The invention relates to a process for preparing the novel 7-(3-chloroisoxazol-5-yl)-acetamido-3-(1-methyl-1H-1,2,3,4-tetrazol-5-yl)-thiomethylceph-3-em-4-carboxylic acid of the formula I and its pharmacologically suitable salts. The compound of the formula I shows high activity on a wide range of microorganisms and is suitable as active ingredient for pharmaceutical products which can be administered orally.

Description

Ceph-3-ene-4-carboxylic acid derivatives and the prepn.
The present invention relates to the preparation method of new cephalo-3-alkene-4-carboxylic acid (ceph-3-em-4-Carboxylicacid) derivative.

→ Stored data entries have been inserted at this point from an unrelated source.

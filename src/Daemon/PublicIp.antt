-- ===== src/Daemon/PublicIp.antt =====
-- cmd/sshcustomd/main.go: `lookupPublicIPs`, its cache, and what it makes of the provider's answer.
-- The request through the local SOCKS5 server is an argument, and so is what decoding its body
-- gives. Times are nanoseconds.
pub mod Fresh
use sshcustom_vpnchain.Base.{
  ℕ, ◌+◌, Bool, true, false, not, ◌&&◌, Option, none, some, List, [], ◌∷◌, map, ltb, if◌then◌else◌,
  is_empty, Bytes, codes, str_eq,
}
use sshcustom_vpnchain.Base.Text.{trim_space}
use sshcustom_vpnchain.Base.Res.{Res, ok, err, ◌>>=◌, ◌>>◌}
use sshcustom_vpnchain.Transport.{fields_onto}
use mathlib.Core.Option

-- `ipAPIResponse`.
pub record IpApiResponse : Type 0 where
  pub status : Bytes
  pub message : Bytes
  pub query : Bytes
  pub country : Bytes
  pub region_name : Bytes
  pub city : Bytes
  pub isp : Bytes
  pub org : Bytes
  pub as_number : Bytes
  pub as_name : Bytes
  pub timezone : Bytes

-- `apiv1.PublicIPDetails`.
pub record PublicIpDetails : Type 0 where
  pub path : Bytes
  pub is_ok : Bool
  pub ip : Bytes
  pub country : Bytes
  pub region : Bytes
  pub city : Bytes
  pub isp : Bytes
  pub org : Bytes
  pub asn : Bytes
  pub as_name : Bytes
  pub timezone : Bytes
  pub latency_ms : ℕ
  pub error : Bytes
  pub cached : Bool

first_of : List Bytes → Bytes
first_of [] = []
first_of (f ∷ fs) = f

-- `publicIPASN`.
unfoldable pub public_ip_asn : Bytes → Bytes
unfolding first_of
public_ip_asn raw = first_of (fields_onto [] (trim_space raw))

-- Details with an error, or with nothing yet.
abbrev pub failed_details : Bytes → ℕ → Bytes → PublicIpDetails
failed_details path ms e = record {
  path = path;
  is_ok = false;
  ip = [];
  country = [];
  region = [];
  city = [];
  isp = [];
  org = [];
  asn = [];
  as_name = [];
  timezone = [];
  latency_ms = ms;
  error = e;
  cached = false;
}

-- `parsePublicIPDetails`, on what `json.Unmarshal` gives.
unfoldable pub parse_public_ip_details : Bytes → Res Bytes IpApiResponse → ℕ → PublicIpDetails
unfolding public_ip_asn
parse_public_ip_details path (err e) ms = failed_details path ms e
parse_public_ip_details path (ok api) ms =
    if not (is_empty api.status) && not (str_eq api.status (codes "success"))
    then failed_details path ms
        (if is_empty api.message then codes "public IP lookup failed" else api.message)
    else record {
      path = path;
      is_ok = true;
      ip = api.query;
      country = api.country;
      region = api.region_name;
      city = api.city;
      isp = api.isp;
      org = api.org;
      asn = public_ip_asn api.as_number;
      as_name = api.as_name;
      timezone = api.timezone;
      latency_ms = ms;
      error = [];
      cached = false;
    }

-- A lookup through the tunnel: how long it takes, and the body that the provider sends, decoded.
pub record Fetch : Type 0 where
  pub took_ms : ℕ
  pub body : Res Bytes (Res Bytes IpApiResponse)

fetched_details : ℕ → Res Bytes (Res Bytes IpApiResponse) → PublicIpDetails
fetched_details ms (err e) = failed_details (codes "tunnel") ms e
fetched_details ms (ok decoded) = parse_public_ip_details (codes "tunnel") decoded ms

-- `lookupPublicIPTunnel`, with whether the SOCKS5 server is enabled.
unfoldable pub lookup_public_ip_tunnel : Bool → Fetch → PublicIpDetails
unfolding fetched_details
lookup_public_ip_tunnel socks_enabled f =
    if not socks_enabled
    then failed_details (codes "tunnel") 0 (codes "SOCKS5 is disabled")
    else fetched_details f.took_ms f.body

-- `apiv1.PublicIPResponse`; nothing sets the device's side.
pub record PublicIpResponse : Type 0 where
  pub checked_at : ℕ
  pub tunnel : Option PublicIpDetails

-- `publicIPCache`.
pub record PublicIpCache : Type 0 where
  pub resp : PublicIpResponse
  pub expires : ℕ

abbrev pub mark_cached : PublicIpDetails → PublicIpDetails
mark_cached d = record d { cached = true }

-- A request: its time and whether it asks for a new lookup, and the lookup, if one is made, with
-- the time at which it begins and the one at which it is stored.
pub record IpRequest : Type 0 where
  pub now : ℕ
  pub refresh : Bool
  pub began : ℕ
  pub stored : ℕ
  pub socks_enabled : Bool
  pub fetch : Fetch

-- The response of the cache. The cache shares its details with the response, so that the mark stays.
unfoldable pub cached_response : PublicIpResponse → PublicIpResponse
cached_response resp = record resp { tunnel = Option.map mark_cached resp.tunnel }

unfoldable pub new_response : IpRequest → PublicIpResponse
unfolding lookup_public_ip_tunnel
new_response q = record {
  checked_at = q.began;
  tunnel = some (lookup_public_ip_tunnel q.socks_enabled q.fetch);
}

-- `lookupPublicIPs`: the cache after it, and the response.
unfoldable pub lookup_public_ips : PublicIpCache → IpRequest → PublicIpCache × PublicIpResponse
unfolding cached_response new_response
lookup_public_ips c q =
    if not q.refresh && ltb q.now c.expires
    then (record c { resp = cached_response c.resp }, cached_response c.resp)
    else (record { resp = new_response q; expires = q.stored + 60000000000 }, new_response q)

unfoldable pub lookup_run : PublicIpCache → List IpRequest → PublicIpCache
lookup_run c [] = c
lookup_run c (q ∷ qs) = lookup_run (lookup_public_ips c q).0 qs

-- Go's zero value of the cache.
abbrev pub empty_cache : PublicIpCache
empty_cache = record { resp = record { checked_at = 0; tunnel = none }; expires = 0 }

The invention provides preparation 7-(3-chlorine-isoxazole-5-bases)-acetylaminohydroxyphenylarsonic acid 3-(1-methyl isophthalic acid H-1,2,3,4-tetrazolium-5-yl)-thiomethyl-cephalo-3-alkene-4-carboxylic acid and pharmacology thereof on the method for acceptable salt, this method comprises:
(a) will have the structure formula II
Figure 86104805_IMG6
(Ⅱ)
3-chlorine-isoxazole-acetate or its reactive derivative with have a structure formula III
Figure 86104805_IMG7
(Ⅲ)
7-amino-3-(1-methyl isophthalic acid H-1,2,3,4-tetrazolium-5-yl)-thiomethyl-cephalo-3-alkene-4-carboxylic acid reaction, from reaction mixture, separate obtaining structural formula and be (I) again with known method
(Ⅰ)
7-(3-chlorine-isoxazole-5-bases)-acetylaminohydroxyphenylarsonic acid 3-(1-methyl isophthalic acid H-1,2,3,4-tetrazolium-5-yl)-thiomethyl-cephalo-3-alkene-4-carboxylic acid, if necessary, can adopt known method to be translated into acceptable salt on its pharmacology, isolate this salt by known method again, perhaps;
(b) will have the structure formula IV
Figure 86104805_IMG9
(Ⅳ)
1-methyl isophthalic acid H-1,2,3,4-tetrazolium-5-base-mercaptan and 7-(3-chlorine-isoxazole-5-bases)-acetylaminohydroxyphenylarsonic acid cephalosporinic acid (7-(3-chloro-isoxazole-5-yl)-acetamido-cephalosporanic acid) reaction, separate with known method then and obtain 7-(3-chlorine-isoxazole-5-bases of structural formula for (I))-acetylaminohydroxyphenylarsonic acid 3-(1-methyl isophthalic acid H-1,2,3,4-tetrazolium-5-yl)-thiomethyl-cephalo-3-alkene-4-carboxylic acid, also can adopt known method to convert it into acceptable salt on its pharmacology as required, from reaction mixture, isolate this salt by known method again.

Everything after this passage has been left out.